El balance de 61 partidos oficiales ha sido contrastado de forma independiente entre 11v11.com y Transfermarkt.com, con coincidencia exacta entre ambas fuentes. Incluye Southern League First Division, Football League/EFL, FA Cup, League Cup/EFL Cup y Simod Cup.
WORKING CLASS ROOTS
Ambos clubes tenían orígenes obreros. No solo por sus «supporters». Su fundación está ligada a empresas. En 1885, Millwall Rovers, antecesor de Millwall FC previo uso de la denominación de Millwall Athletic, fue fundado por trabajadores de J.T. Morton, una empresa de conservas y provisiones instalada en Isle of Dogs, donde se ubica el muelle de Millwall.
A poca distancia, junto a la desembocadura del Lea, en junio de 1895 iba a nacer un vecino incómodo, y por aquella época todavía rival del East London. Thames Ironworks and Shipbuilding Company se dedicaba a la construcción de cascos para navíos. Un capataz de la empresa y árbitro, Dave Taylor, propuso montar un equipo y el director de la empresa, Arnold Hills, respaldó su propuesta.
Hills había jugado en Oxford, defendía la abstinencia alcohólica y confiaba en el deporte como cemento de las relaciones laborales. Concebía al equipo, bautizado como Thames Ironworks FC, como una forma de prolongar la fábrica hasta en las horas de descanso de los obreros. Cerca de cincuenta empleados se apuntaron pagando media corona por jugar. Exprimidos durante y después de la jornada laboral. Capitalismo.

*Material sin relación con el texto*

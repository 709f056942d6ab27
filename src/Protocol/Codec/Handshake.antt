-- ===== src/Protocol/Codec/Handshake.antt =====
-- The JSON form of the messages of the handshake (pkg/protocol/protocol.go), by their struct tags.
use mcp_module.Common.{Bool, true, false, not, Option, none, some, [], ◌>>=◌}
use mcp_module.Json.{Value, null, bool, marshal, part, object, struct_of, bool_of, find_field}
use mcp_module.Protocol.{is_some}
use mcp_module.Protocol.Content.{
  ToolsCapability, ResourcesCapability, PromptsCapability, ServerCapabilities, ServerInfo,
  ClientInfo, InitializeParams, InitializeResult,
}
use mcp_module.Protocol.Codec.{text_part, raw_part?, read_text, pointer_of, map_pointer}

unfoldable pub encode_tools_capability : ToolsCapability → Value
encode_tools_capability c =
    object (part (not c.list_changed) "listChanged" (bool c.list_changed) [])

unfoldable pub decode_tools_capability : Value → Option ToolsCapability
decode_tools_capability v = do
  fs ← struct_of v
  list_changed ← bool_of (find_field "listChanged" fs)
  some (record { list_changed = list_changed })

unfoldable pub encode_resources_capability : ResourcesCapability → Value
encode_resources_capability c = object (
    part (not c.subscribe) "subscribe" (bool c.subscribe)
      (part (not c.list_changed) "listChanged" (bool c.list_changed) []))

unfoldable pub decode_resources_capability : Value → Option ResourcesCapability
decode_resources_capability v = do
  fs ← struct_of v
  subscribe ← bool_of (find_field "subscribe" fs)
  list_changed ← bool_of (find_field "listChanged" fs)
  some (record { subscribe = subscribe; list_changed = list_changed })

unfoldable pub encode_prompts_capability : PromptsCapability → Value
encode_prompts_capability c =
    object (part (not c.list_changed) "listChanged" (bool c.list_changed) [])

unfoldable pub decode_prompts_capability : Value → Option PromptsCapability
decode_prompts_capability v = do
  fs ← struct_of v
  list_changed ← bool_of (find_field "listChanged" fs)
  some (record { list_changed = list_changed })

unfoldable pub decode_logging : Value → Option Bool
decode_logging v = do fs ← struct_of v; some true

unfoldable pub encode_capabilities : ServerCapabilities → Value
encode_capabilities c = object (
    raw_part? "tools" (map_pointer encode_tools_capability c.tools) (
      raw_part? "resources" (map_pointer encode_resources_capability c.resources) (
        raw_part? "prompts" (map_pointer encode_prompts_capability c.prompts)
          (part (not c.logging) "logging" (object []) []))))

unfoldable pub decode_capabilities : Value → Option ServerCapabilities
decode_capabilities v = do
  fs ← struct_of v
  tools ← pointer_of decode_tools_capability (find_field "tools" fs)
  resources ← pointer_of decode_resources_capability (find_field "resources" fs)
  prompts ← pointer_of decode_prompts_capability (find_field "prompts" fs)
  logging ← pointer_of decode_logging (find_field "logging" fs)
  some (record {
    tools = tools;
    resources = resources;
    prompts = prompts;
    logging = is_some logging;
  })

unfoldable pub encode_server_info : ServerInfo → Value
encode_server_info i = object (text_part "name" i.name (text_part "version" i.version []))

unfoldable pub decode_server_info : Value → Option ServerInfo
decode_server_info v = do
  fs ← struct_of v
  name ← read_text "name" fs
  version ← read_text "version" fs
  some (record { name = name; version = version })

unfoldable pub encode_client_info : ClientInfo → Value
encode_client_info i = object (text_part "name" i.name (text_part "version" i.version []))

unfoldable pub encode_initialize_params : InitializeParams → Option Value
encode_initialize_params p = do
  capabilities ← marshal p.capabilities
  some (
      object (
        text_part "protocolVersion" p.protocol_version (
          part false "capabilities" capabilities
            (part false "clientInfo" (encode_client_info p.client_info) []))))

abbrev pub or_null : Option Value → Value
or_null none = null
or_null (some v) = v

unfoldable pub encode_initialize_result : InitializeResult → Value
encode_initialize_result r = object (
    text_part "protocolVersion" r.protocol_version (
      part false "capabilities" (encode_capabilities r.capabilities)
        (part false "serverInfo" (encode_server_info r.server_info) [])))

unfoldable pub decode_initialize_result : Value → Option InitializeResult
decode_initialize_result v = do
  fs ← struct_of v
  protocol_version ← read_text "protocolVersion" fs
  capabilities ← decode_capabilities (or_null (find_field "capabilities" fs))
  server_info ← decode_server_info (or_null (find_field "serverInfo" fs))
  some (record {
    protocol_version = protocol_version;
    capabilities = capabilities;
    server_info = server_info;
  })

En el verano de 1900, Thames Ironworks FC desapareció víctima de tensiones derivadas de su llegada al fútbol profesional. De esa liquidación nació, el 5 de julio de 1900, West Ham United Football como sociedad limitada. Poco cambió. Hills siguió poniendo el dinero, la mayoría de los jugadores se quedaron y el equipo continuó jugando en el Memorial Grounds. Era la misma columna vertebral con una estructura más apta para el fútbol profesional y un nombre que hacía referencia al distrito entero.
Millwall y West Ham nacieron al norte del río, dentro del mismo Londres industrial del este; la oposición entre East End y South London todavía necesitaba una mudanza que tardaría una década en llegar. Cuando cruzó el río hacia el sur de Londres para jugar en el viejo The Den.

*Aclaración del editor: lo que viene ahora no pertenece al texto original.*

-- ===== src/Server/Dispatch.antt =====
-- pkg/server/server.go: handleRequest and the handler of each method.
use mcp_module.Common.{
  String, Option, none, some, List, [], ◌∷◌, map, Dict, lookup, if◌then◌else◌, ◌==◌, traverse,
  ◌>>=◌,
}
use mcp_module.Json.{
  Value, null, arr, items, object, Any, absent, string, Runtime, struct_of, find_field, string_of,
  dict_of,
}
use mcp_module.I18n.{Translator}
use mcp_module.Range.{range}
use mcp_module.Protocol.{
  Result, ok, failed, Request, Response, new_response, new_error_response, mcp_protocol_version,
  code_method_not_found, code_invalid_params, code_internal_error,
}
use mcp_module.Protocol.Content.{ToolResult, ResourceContent, PromptMessage}
use mcp_module.Protocol.Codec.{decode_any_map, encode_tool, encode_result}
use mcp_module.Protocol.Codec.Catalog.{
  encode_resource, encode_content, encode_prompt, encode_message,
}
use mcp_module.Protocol.Codec.Handshake.{encode_initialize_result}
use mcp_module.Server.Tables.{ToolEntry, ResourceEntry, PromptEntry, Tables, capabilities}

-- What dispatch does: a response, no response (nil), or a panic in the server's own code.
pub data Reaction : Type 0 where
  reply : Response → Reaction
  silent : Reaction
  panicked : Reaction

-- The methods that handleRequest knows, and its comparison of `req.Method` with their names.
pub data Method : Type 0 where
  initialize list_tools call_tool list_resources read_resource list_prompts get_prompt : Method
  initialized other : Method

unfoldable pub method_of : String → Method
method_of m =
    if m == "initialize"
    then Method.initialize
    else if m == "tools/list"
    then Method.list_tools
    else if m == "tools/call"
    then Method.call_tool
    else if m == "resources/list"
    then Method.list_resources
    else if m == "resources/read"
    then Method.read_resource
    else if m == "prompts/list"
    then Method.list_prompts
    else if m == "prompts/get"
    then Method.get_prompt
    else if m == "notifications/initialized"
    then Method.initialized
    else Method.other

-- `resp, err := NewResponse(id, result)`, with the error answered as an internal error.
unfoldable pub respond : Runtime → Any → Option Value → Response
respond go id result = elim (new_response go id result) [
  | ok response ↦ response
  | failed message ↦ new_error_response id code_internal_error message absent
]

-- The parameters of tools/call, resources/read and prompts/get. Without params there is no JSON to
-- read, which is an error.
unfoldable pub read_call_params : Runtime → Option Value → Option (String × Dict Any)
read_call_params go none = none
read_call_params go (some v) = do
  fs ← struct_of v
  name ← string_of (find_field "name" fs)
  arguments ← decode_any_map go (find_field "arguments" fs)
  some (name, arguments)

unfoldable pub read_uri_params : Option Value → Option String
read_uri_params none = none
read_uri_params (some v) = do fs ← struct_of v; string_of (find_field "uri" fs)

unfoldable pub read_prompt_params : Option Value → Option (String × Dict String)
read_prompt_params none = none
read_prompt_params (some v) = do
  fs ← struct_of v
  name ← string_of (find_field "name" fs)
  arguments ← dict_of (λ v. string_of (some v)) (find_field "arguments" fs)
  some (name, arguments)

unfoldable pub invalid_params : Runtime → Request → Response
invalid_params go req =
    new_error_response req.id code_invalid_params "invalid parameters"
      (string (go.unmarshal_error req.params))

-- A name that no table binds.
unfoldable pub unknown : Translator → Request → String → String → String → Response
unknown translator req msg_id key name =
    new_error_response req.id code_invalid_params (translator.t msg_id ((key, string name) ∷ []))
      absent

unfoldable pub list_field : String → List Value → Value
list_field name vs = object ((name, arr (items vs)) ∷ [])

-- json.Marshal of a pointer to a ToolResult.
unfoldable pub encode_result_pointer : Option ToolResult → Value
encode_result_pointer none = null
encode_result_pointer (some r) = encode_result r

-- After the handler has run: its error, or its result.
unfoldable pub answer_tool : Runtime → Any → Result (Option ToolResult) → Reaction
answer_tool go id (failed message) =
    reply (new_error_response id code_internal_error message absent)
answer_tool go id (ok result) = reply (respond go id (some (encode_result_pointer result)))

-- A nil *ResourceContent is dereferenced.
unfoldable pub answer_resource : Runtime → Any → Result (Option ResourceContent) → Reaction
answer_resource go id (failed message) =
    reply (new_error_response id code_internal_error message absent)
answer_resource go id (ok none) = panicked
answer_resource go id (ok (some content)) =
    reply (respond go id (some (list_field "contents" (encode_content content ∷ []))))

unfoldable pub answer_prompt : Runtime → Any → Result (List PromptMessage) → Reaction
answer_prompt go id (failed message) =
    reply (new_error_response id code_internal_error message absent)
answer_prompt go id (ok messages) =
    reply (respond go id (some (list_field "messages" (map encode_message messages))))

unfoldable pub method_not_found : Translator → Request → Response
method_not_found translator req =
    new_error_response req.id code_method_not_found
      (translator.t "mcp_module_method_not_found" (("method", string req.method) ∷ [])) absent

module _ {W : Type 0} (go : Runtime) where
  unfoldable pub handle_initialize : Request → Tables W → Response
  handle_initialize req s = respond go req.id (
      some (
        encode_initialize_result (record {
          protocol_version = mcp_protocol_version;
          capabilities = capabilities s;
          server_info = s.info;
        })))

  unfoldable pub handle_list_tools : Request → Tables W → Response
  handle_list_tools req s = respond go req.id do
    vs ← traverse encode_tool (map (λ e. e.tool) (range go s.tools))
    some (list_field "tools" vs)

  unfoldable pub handle_list_resources : Request → Tables W → Response
  handle_list_resources req s = respond go req.id (
      some (
        list_field "resources"
          (map encode_resource (map (λ e. e.resource) (range go s.resources)))))

  unfoldable pub handle_list_prompts : Request → Tables W → Response
  handle_list_prompts req s =
      respond go req.id
        (some (list_field "prompts" (map encode_prompt (map (λ e. e.prompt) (range go s.prompts)))))

module _ {W : Type 0} (go : Runtime) (translator : Translator) where
  -- What is done with the entry that the table binds to the name, if any.
  unfoldable pub run_tool : Request → W → String → Dict Any → Option (ToolEntry W) → W × Reaction
  run_tool req w name arguments none =
      (w, reply (unknown translator req "mcp_module_unknown_tool" "name" name))
  run_tool req w name arguments (some entry) =
      let (w', result) = entry.handler w arguments in (w', answer_tool go req.id result)

  unfoldable pub call_tool_with : Request → Tables W → W → Option (String × Dict Any) → W × Reaction
  call_tool_with req s w none = (w, reply (invalid_params go req))
  call_tool_with req s w (some (name, arguments)) =
      run_tool req w name arguments (lookup name s.tools)

  unfoldable pub handle_call_tool : Request → Tables W → W → W × Reaction
  unfolding call_tool_with run_tool
  handle_call_tool req s w = call_tool_with req s w (read_call_params go req.params)

  unfoldable pub run_resource : Request → W → String → Option (ResourceEntry W) → W × Reaction
  run_resource req w uri none =
      (w, reply (unknown translator req "mcp_module_unknown_resource" "uri" uri))
  run_resource req w uri (some entry) =
      let (w', result) = entry.handler w uri in (w', answer_resource go req.id result)

  unfoldable pub read_resource_with : Request → Tables W → W → Option String → W × Reaction
  read_resource_with req s w none = (w, reply (invalid_params go req))
  read_resource_with req s w (some uri) = run_resource req w uri (lookup uri s.resources)

  unfoldable pub handle_read_resource : Request → Tables W → W → W × Reaction
  unfolding read_resource_with run_resource
  handle_read_resource req s w = read_resource_with req s w (read_uri_params req.params)

  unfoldable pub run_prompt :
      Request → W → String → Dict String → Option (PromptEntry W) → W × Reaction
  run_prompt req w name arguments none =
      (w, reply (unknown translator req "mcp_module_unknown_prompt" "name" name))
  run_prompt req w name arguments (some entry) =
      let (w', result) = entry.handler w arguments in (w', answer_prompt go req.id result)

  unfoldable pub get_prompt_with :
      Request → Tables W → W → Option (String × Dict String) → W × Reaction
  get_prompt_with req s w none = (w, reply (invalid_params go req))
  get_prompt_with req s w (some (name, arguments)) =
      run_prompt req w name arguments (lookup name s.prompts)

  unfoldable pub handle_get_prompt : Request → Tables W → W → W × Reaction
  unfolding get_prompt_with run_prompt
  handle_get_prompt req s w = get_prompt_with req s w (read_prompt_params req.params)

  -- The cases of the switch in handleRequest.
  unfoldable pub dispatch : Method → Request → Tables W → W → W × Reaction
  dispatch Method.initialize req s w = (w, reply (handle_initialize go req s))
  dispatch Method.list_tools req s w = (w, reply (handle_list_tools go req s))
  dispatch Method.call_tool req s w = handle_call_tool req s w
  dispatch Method.list_resources req s w = (w, reply (handle_list_resources go req s))
  dispatch Method.read_resource req s w = handle_read_resource req s w
  dispatch Method.list_prompts req s w = (w, reply (handle_list_prompts go req s))
  dispatch Method.get_prompt req s w = handle_get_prompt req s w
  dispatch Method.initialized req s w = (w, silent)
  dispatch Method.other req s w = (w, reply (method_not_found translator req))

  unfoldable pub handle_request : Request → Tables W → W → W × Reaction
  handle_request req s w = dispatch (method_of req.method) req s w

FREE FIGHTS WERE PLENTIFUL
Los seguidores de los dos equipos eran vecinos que iban al fútbol porque sus padres habían ido, generación tras generación, y así se fue construyendo, sin prisa, un repertorio de cánticos y agravios que fue generando una rivalidad desde prácticamente los inicios de sus enfrentamientos deportivos.
En un partido de 1906 que nadie recuerda por el resultado, un choque violento entre dos jugadores acabó con expulsiones y con la excitación del campo contagiada a las gradas:
«The crowds on the bank having caught the fever, free fights were plentiful.»
PRENSA LOCAL · 1906
Escribió el periódico local. Veinte años antes de la huelga que, supuestamente, generó ese odio entre ambas aficiones.
THE KRAY TWINS VS RICHARDSON BROS AND THE TORTURE GANG
Durante sus primeras décadas de existencia, los duelos entre Millwall y West Ham fueron habituales en competiciones regionales, copas cuyo nombre nadie recuerda, ligas profesionales e incluso dos emparejamientos en FA Cup. Hubo temporadas en las que se midieron hasta en siete ocasiones. Tras la II Guerra Mundial, los derbis iban a ser mucho más intensos por la excepcionalidad de las ocasiones en las que sus caminos se iban a cruzar.
Desde 1947 hasta finales de los años setenta no se iban a volver a enfrentar en Liga. Desde su encuentro en un torneo regional menor de 1959 hasta 1978 pasaron diecinueve años sin un derby en partido oficial. Sin embargo, las tensiones entre East End y South London no se iban a disipar durante la década de los sesenta, pero en esta ocasión no iban a obedecer a cuestiones futbolísticas. Los bajos fondos iban a tomar el control de estas tensiones territoriales.
Diecinueve años sin derbi en el mismo Londres que en esa década vestía a medio planeta desde Carnaby Street y ponía discos de Beatles y Stones en la radio de todo el mundo. Por debajo de esa fama había también una geografía criminal que dividía el East End del South London como si fuera el Támesis.
En el East End mandaban los gemelos Kray, Ronnie y Reggie, que dirigían clubes nocturnos y ofrecían protección mientras se dejaban fotografiar con actores y políticos como si fueran empresarios respetables. A comienzos de los sesenta, Ronnie salió de una condena de dieciocho meses por extorsión, y su hermano, para protegerlo de amenazas de otro gánster, le compró un club nocturno del West End llamado Esmeralda’s Barn.
De la noche a la mañana, dos matones de Bethnal Green pasaron a codearse con actores, aristócratas y algún parlamentario en su propio local, con esmoquin y todo.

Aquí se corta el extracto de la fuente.